Два-три дня с момента их знакомства Ирку не покидала уверенность, что Борис вот-вот объявится. Скорее всего, на факультете. Она прогуливала лекцию за лекцией, семинар за семинаром, выстаивала на Сачкодроме, после последней пары мчалась домой дежурить у телефона… Напрашивались неутешительные выводы: во-первых, он не придет и не позвонит, во-вторых, она умудрилась втюриться в человека, с которым всего-навсего прошлась до «Астории», ну и выпила там бокал-другой шампанского. И что с этим делать? Страдать? Забыть?

Она решила погулять по Невскому, предварительно перекусив в «Минутке»[1] Не успела она подуть на бульон и откусить пирожок, как к ее столику подкатили три фарцовщика, неубедительно и шумно изображавшие из себя иностранцев, и обратились к ней на чудовищной смеси финского и шведского: «Можно девочка все хорошо пять рублей за блок сигарет». И тому подобная тарабарщина.
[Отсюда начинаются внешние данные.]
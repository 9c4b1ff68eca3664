-- ===== src/Tests.antt =====
-- Runs of the model, and the theorems at concrete inputs.
mod World
mod Config
mod Controller
mod Crd
mod Registration
mod Cluster
mod Stored
mod Api
mod Connection
mod Pods
mod Server
mod Commands
mod Sharing
mod Served
mod Accepts
mod Mock
mod Shelf
mod Typed
mod Offered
Свободно по-шведски Ирка еще не говорила, но без труда объяснялась, все-таки второй язык после норвежского, финский же начала изучать совсем недавно, но кое-что могла сказать… Запрокинув голову от хохота, она сначала бойко послала их на шведском, потом на менее уверенном финском. У парней сработал рефлекс: «объект для бизнеса», и один из них тут же перешел на английский, но Ирка перебила уже по-русски:

– Ребята! Я вас умоляю! Ваш финско-шведский никуда не канает! Русская я, русская! Что, прицел сбился?

Завязалась вполне дружеская беседа: нет, прицел не сбился, просто покуражились немножко. А ты откуда, сестра, так ловко шпаришь? Ах, в «Интуристе» группы водишь… Шведы и норвежцы? Послушай, есть к тебе деловое предложение. Да ты выслушай сначала, потом отказываться будешь. Ну смотри, как знаешь. Хоть телефончик оставь. А с прицелом все в порядке. Смотри!

Развернувшись лицом к огромному окну, они принялись выбирать иностранцев в толпе прохожих, аргументированно объясняя, кто откуда: только немцы носят такие добротные и неброские ботинки, только американцы так скалятся по любому поводу, такие куртки продаются в чухонских магазинах Сёппалла и тому подобное.

Кафе «Минутка», расположенное на втором этаже, обладало колоссальным стратегическим преимуществом для фарцовщиков: из соседних интуристовских гостиниц «Астория» и «Европейская» на прогулку по Невскому выходили сотни и сотни иностранцев. А ты стоишь в тепле и в полной безопасности, плечом к плечу с простыми обывателями жуешь пирожок, как с трибуны Мавзолея рассматриваешь прохожих и без суеты выбираешь объект для бизнеса.

– Ну а эта герла точно француженка! А целуется она… хрен его знает, может, даже и с рашенком, – вдруг воскликнул один из парней.

– Где? – спросила Ирка и тут же увидела смеющегося Бориса, на ходу целующего, сомнений нет, француженку, прямо вылитую Анук Эме. Ирка только что посмотрела «Мужчину и женщину» … Улыбка с ее лица не исчезла, и она не побледнела, как можно было бы ожидать, но внезапно физически ощутила в некоем внутреннем органе где-то в груди, где легкие, щемящую тоску.

– Всё, ребята, мне пора, – и она ринулась к выходу.

– Телефончик-то оставь!

– Joku toinen kerta![2]


В следующий раз Ирка встретила его через месяц на дискотеке в общаге на проспекте Добролюбова. Дискотека славилась на весь университет: ее вели мавританские арабы – обладатели умопомрачительной японской аппаратуры и многочисленных, естественно, свежих и не запиленных дисков и кассет. С блаженной улыбкой Ирка самозабвенно крутила бедрами под I Will Survive Глории Гейнор, как вдруг из-за спины появился Борис, чуть приобнял ее и, пересиливая грохот музыки, прокричал в ухо, погрузившись лицом в ее кудряшки и словно обнюхивая ее: «Привет, прелестное дитя! Потанцуем!» Затем тут же, не дожидаясь согласия, подхватил ее и, не сходя с места, только движением рук задал ритм, а когда она почувствовала, что от нее требуется, задвигался сам. У них так славно получалось, что танцующие рядом непроизвольно образовали круг, в центре которого Ирка то падала в его объятия, то кружилась во все стороны. Танцевал он как никто другой, с какой-то негритянской пластикой и легкостью. Все ранее заготовленные обидные реплики мгновенно улетучились. Ирка, будто ненароком, иногда касалась губами его щек; от него опять – бывает же такое – вкусно пахло вином. В коротких перерывах между мелодиями он не отпускал ее, держал в объятиях и вел себя так, словно никого вокруг и не было.